Sun Tzu's Art of War can be summed up nicely in 3 words: "Make winning easy." If you eliminate this whole school crap, then people apathetic to BS like "sanctity of marriage" will come over to your side, or at least abstain from voting against gay marriage. Furthermore, your remaining opponents are more likely to expose themselves as bigots.

Maine disappointed me last week. I like Maine, I like Mainers. There's a down-to-earth hickness to them. They don't have the cosmopolitan fakeness or smugness of a typical Northeast liberal. They've got more common sense, but they're not book-stupid either. They allow individual Congressional districts to cast electoral college ballots individually (so if a district votes Republican, while the rest of the state votes Democrat, that Republican district can cast its vote for the Republican candidate. 48 of the 50 states don't allow this. For instance, all 54 of California's votes go to one candidate, even if 20 districts voted for his/her opponent).

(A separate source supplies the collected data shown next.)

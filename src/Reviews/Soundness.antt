-- ===== src/Reviews/Soundness.antt =====
-- services/reviews.py: a review keeps the tables of the registry sound.
use fireviewer_backend.Call.{Call}
use fireviewer_backend.Call.Retry.{from_body_lem, idempotent-fresh}
use fireviewer_backend.Doubles.{Doubles, Settings}
use fireviewer_backend.Enums.Sources.{ReviewResolutionAction}
use fireviewer_backend.Evidence.Recalculate.{is_id}
use fireviewer_backend.Evidence.Recalculate.Assignments.{recalculate_identity}
use fireviewer_backend.Evidence.Recalculate.Soundness.{recalculate-canonical}
use fireviewer_backend.Incident.Create.{Keys}
use fireviewer_backend.Incident.FireId.{is_fire_id}
use fireviewer_backend.Incident.Lifecycle.{
  has_episode_key, has_fire_id, has_incident_key, is_current_of, registry_ledger,
}
use fireviewer_backend.Incident.Rows.{Episode, IncidentSeries, Observation, Registry}
use fireviewer_backend.Incident.Sound.{Sound}
use fireviewer_backend.Incident.Sound.Ready.{FreshKeys, TargetIn}
use fireviewer_backend.Incident.Sound.Targets.{found_here, lookup-IsTarget, written-Sound}
use fireviewer_backend.Incident.Sound.Written.{one_All, scalar_one_row}
use fireviewer_backend.Platform.{Platform, Value}
use fireviewer_backend.Prelude.{
  All, All-select, Bool-cases, Option, String, ap, arith, false, inl, inr, none, refl, select, some,
  subst, true, ℕ, ◌==◌, ◌∙◌, ◌≡◌,
}
use fireviewer_backend.Reviews.Actions.{
  Decided, attach_to_fire, attached_rows, decide_action, reject_observation,
}
use fireviewer_backend.Reviews.Branches.{IsReady, attach-IsReady, create-IsReady}
use fireviewer_backend.Reviews.Request.{
  ReviewResolutionRequest, ReviewResolutionResponse, has_observation_id, is_resolved,
  review_endpoint,
}
use fireviewer_backend.Reviews.Resolve.{
  conclude, decided_row, finish, human_validated_at, put_observation, resolve, resolve_body,
  resolve_review, review_hash, review_model, review_observation, written,
}
use fireviewer_backend.Session.{
  ok, ok_value, one_or_none, or_not_found, or_not_found-ok, read-returned, request, returned,
  scalar_one, scalar_one_or_none, scalar_one_unique, then_read-ok,
}

-- The episode that the observation is attached to is the current one of its incident.
abbrev pub AttachedToCurrent : Registry → Observation → Type 0
AttachedToCurrent s o =
    All
      (λ (e : Episode).
        is_id e.id o.attached_episode_id ≡ true
        → (e.is_current ≡ true) × (is_id e.incident_id o.attached_incident_id ≡ true))
      s.episodes

attached-TargetIn :
    (ik ek : Option ℕ) (s : Registry) {target : Option (IncidentSeries × Episode)}
    → Sound s
    → All
        (λ (e : Episode).
          is_id e.id ek ≡ true → (e.is_current ≡ true) × (is_id e.incident_id ik ≡ true))
        s.episodes
    → attached_rows ik ek s ≡ ok target
    → TargetIn target s
unfolding attached_rows
attached-TargetIn none ek s sound attached h = subst (λ t. TargetIn t s) (ok_value h) tt
attached-TargetIn (some i) none s sound attached h = subst (λ t. TargetIn t s) (ok_value h) tt
attached-TargetIn (some i) (some k) s sound attached h =
    let (incident, found, h₁) =
      then_read-ok (scalar_one (select (has_incident_key i) s.incidents)) _ h in
    let (episode, there, h₂) =
      then_read-ok (scalar_one (select (has_episode_key k) s.episodes)) _ h₁ in
    let (_, keyed) = scalar_one_unique (has_incident_key i) s.incidents found in
    let (_, ekeyed) = scalar_one_unique (has_episode_key k) s.episodes there in
    let Q = λ (e : Episode).
      is_id e.id (some k) ≡ true → (e.is_current ≡ true) × (is_id e.incident_id (some i) ≡ true) in
    let (now, linked) =
      one_All (λ (e : Episode). e.id) (has_episode_key k) Q (select (has_episode_key k) s.episodes)
        (All-select Q (has_episode_key k) s.episodes attached) there (ground (arith, ekeyed)) in
    subst (λ t. TargetIn t s) (ok_value h₂)
      (record {
        incident_row =
            scalar_one_row (λ (x : IncidentSeries). x.id) (has_incident_key i) s.incidents
              sound.incident_keys found;
        episode_row =
            scalar_one_row (λ (x : Episode). x.id) (has_episode_key k) s.episodes sound.episode_keys
              there;
        episode_here = found_here (λ (x : Episode). x.id) (has_episode_key k) s.episodes there;
        owner = ground (arith, linked, keyed);
        current = now;
      })

reject-IsReady :
    (o : Observation) (s : Registry) {d : Decided}
    → AttachedToCurrent s o
    → Sound s
    → reject_observation o s ≡ ok d
    → IsReady d
unfolding reject_observation
reject-IsReady o s attached sound h =
    let (target, found, same) =
      then_read-ok (attached_rows o.attached_incident_id o.attached_episode_id s) _ h in
    subst IsReady (ok_value same)
      (sound, attached-TargetIn o.attached_incident_id o.attached_episode_id s sound attached found)

module _ (F : Doubles) (settings : Settings) (keys : Keys) (p : ReviewResolutionRequest)
    (o : Observation) (s : Registry) (fresh : FreshKeys keys s) (sound : Sound s) where
  attach_to_fire-IsReady :
      (fire_id : Option String) {d : Decided}
      → attach_to_fire F settings keys p fire_id o s ≡ ok d
      → IsReady d
  unfolding attach_to_fire
  attach_to_fire-IsReady none h = cc
  attach_to_fire-IsReady (some fire_id) h = elim (Bool-cases (is_fire_id fire_id)) [
    | inl e ↦
        let (found, looked, h₁) =
          then_read-ok (scalar_one_or_none (select (has_fire_id fire_id) s.incidents)) _
            (rw e at h) in
        let (incident, there, h₂) = then_read-ok (or_not_found "incident" fire_id found) _ h₁ in
        let (current, now, h₃) =
          then_read-ok (scalar_one (select (is_current_of incident.id) s.episodes)) _ h₂ in
        let one = looked ∙ ap ok (or_not_found-ok "incident" fire_id found there) in
        attach-IsReady F settings keys p o s fresh sound current.status incident current
          (lookup-IsTarget s.incidents s.episodes s.counters fire_id one now sound) h₃
    | inr e ↦ cc (rw e at h)
  ]

  decide_action-IsReady :
      (action : ReviewResolutionAction) {d : Decided}
      → (action ≡ ReviewResolutionAction.reject → AttachedToCurrent s o)
      → decide_action F settings keys p action o s ≡ ok d
      → IsReady d
  unfolding decide_action
  decide_action-IsReady ReviewResolutionAction.reject attached h =
      reject-IsReady o s (attached refl) sound h
  decide_action-IsReady ReviewResolutionAction.create attached h =
      subst IsReady (ok_value h) (create-IsReady F settings keys p o s fresh sound)
  decide_action-IsReady ReviewResolutionAction.attach attached h =
      attach_to_fire-IsReady p.target_fire_id h

module _ (P : Platform) (F : Doubles) (settings : Settings) (keys : Keys) (observation_id : String)
    (p : ReviewResolutionRequest) (call : Call) where
  finish-Sound :
      (before : Observation) (d : Decided) (target : Option (IncidentSeries × Episode))
      → Sound d.registry
      → TargetIn target d.registry
      → Sound (finish P F settings keys observation_id p call before d target).1
  unfolding finish conclude
  finish-Sound before d none sound t = sound
  finish-Sound before d (some (incident, episode)) sound t =
      let threshold = settings.corroboration_min_independent_proofs in
      let human = human_validated_at P F settings keys observation_id p call p.action in
      let rows =
        put_observation P F settings keys observation_id p call
          (decided_row P F settings keys observation_id p call d) d.registry.observations in
      let (same_i, same_e) =
        recalculate_identity threshold call.now human d.registry.sources incident episode rows in
      let (visible, _, _) =
        recalculate-canonical threshold call.now human d.registry.sources incident episode rows in
      written-Sound d.registry.incidents d.registry.episodes d.registry.counters incident _ episode
        _ t same_i same_e visible sound

  -- The observations of that identifier are attached to a current episode, if the review rejects.
  abbrev pub RejectsCurrent : Registry → Type 0
  RejectsCurrent s =
      p.action ≡ ReviewResolutionAction.reject
      → All (λ o. has_observation_id observation_id o ≡ true → AttachedToCurrent s o) s.observations

  resolve-Sound :
      (s s' : Registry) (r : ReviewResolutionResponse)
      → FreshKeys keys s
      → RejectsCurrent s
      → Sound s
      → resolve P F settings keys observation_id p call s ≡ ok (r, s')
      → Sound s'
  unfolding resolve review_observation
  resolve-Sound s s' r fresh attached sound h =
      let (found, looked, h₁) =
        then_read-ok
          (scalar_one_or_none (select (has_observation_id observation_id) s.observations)) _ h in
      let (o, there, h₂) = then_read-ok (or_not_found "observation" observation_id found) _ h₁ in
      let rows = select (has_observation_id observation_id) s.observations in
      let one : scalar_one rows ≡ ok o =
        one_or_none rows
          (looked ∙ ap ok (or_not_found-ok "observation" observation_id found there)) in
      let (_, mine) = scalar_one_unique (has_observation_id observation_id) s.observations one in
      elim (Bool-cases (o.version == p.expected_version)) [
        | inl same ↦ elim (Bool-cases (is_resolved o.verification_state)) [
          | inl done ↦ cc (rw (same, done) at h₂)
          | inr pending ↦
              let (d, decided, finished) =
                then_read-ok (decide_action F settings keys p p.action o s) _
                  (rw (same, pending) at h₂) in
              let (ready, target) =
                decide_action-IsReady F settings keys p o s fresh sound p.action
                  (λ rejects.
                    let Q = λ (x : Observation).
                      has_observation_id observation_id x ≡ true → AttachedToCurrent s x in
                    one_All (λ (x : Observation). x.id) (has_observation_id observation_id) Q rows
                      (All-select Q (has_observation_id observation_id) s.observations
                        (attached rejects))
                      one mine)
                  decided in
              subst Sound
                (ap (λ (q : ReviewResolutionResponse × Registry). q.1) (ok_value finished))
                (finish-Sound o d d.target ready target)
        ]
        | inr other ↦ cc (rw other at h₂)
      ]

  -- A review that is answered afresh keeps the tables of the registry sound.
  pub resolve_review-Sound :
      (validate : Value → Option ReviewResolutionResponse) (db d w : Registry)
      (r : ReviewResolutionResponse)
      → FreshKeys keys db
      → RejectsCurrent db
      → Sound db
      → request (resolve_review P F settings keys observation_id p call validate) db
        ≡ returned (record { response = r; replayed = false }) d w
      → Sound d
  unfolding resolve_review resolve_body
  resolve_review-Sound validate db d w r fresh attached sound h =
      let M = review_model P F settings keys observation_id p call validate in
      let E = review_endpoint observation_id in
      let H = review_hash P F settings keys observation_id p call in
      let body = resolve_body P F settings keys observation_id p call in
      let (l, _, ran) = idempotent-fresh registry_ledger M E H call 200 body db d w r h in
      let (d₀, w₀, done, _, stored) =
        from_body_lem registry_ledger M E H call 200 body db (record db { ledger = l }) d w r ran in
      let (answer, resolved, written) = read-returned _ _ db (record db { ledger = l }) done in
      let same : answer.1 ≡ w₀ = ground (arith, written) in
      let after : Sound answer.1 =
        resolve-Sound (record db { ledger = l }) answer.1 answer.0 fresh attached sound resolved in
      rw stored (subst Sound same after)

There's hope for Maine, and there's certainly hope for most logical states. And gay marriage needs to be passed by votes and referendia, not just State Supreme Courts. Otherwise it'll be as illegitimate and scoffed as the BCS.



For non-sports fans:
The BCS is a combination of polls and math equations that select which 2 college football teams (out of 120) will play each other for the national championship. Big time college football is the only NCAA sport that doesn't determine a champion with a playoff system. The BCS has often been questioned, occasionally leaving undefeated teams out of the title game.


The people who want to see rights given to all need to play hard, get dirty, and even play dirty. They need to write ironclad laws AGAINST gay marriage being taught in schools. They need to make people FEAR government intervention in marriage by using history's facts (anti-miscegenation laws) and future's potential. That racist justice of the peace in Louisiana should be the posterboy of the gay marriage movement.

Compare your opponents to Hitler, confuse the issue, scare the hell out of reasonable people into thinking that they absolutely have to be on your side or something terrible will happen to their children.



And the Barack loving liberals out there need to put pressure on their man in the White House and their people in the Congress. There's little to no reason for Barack or any other centrist Democrat to support gay marriage, because there's no pressure. There's no criticism from the Left on this issue.

But it doesn't have to be that extreme in Maine, thankfully. 47.2% of people voted No on 1. If only 1/10 of these people ask their disagreeing friends "Why are you against government run healthcare but for government run marriage?" Then maybe Maine can be turned back. Or maybe Massachusetts should reacquire it, make it part of The Commonwealth like it was before 1820.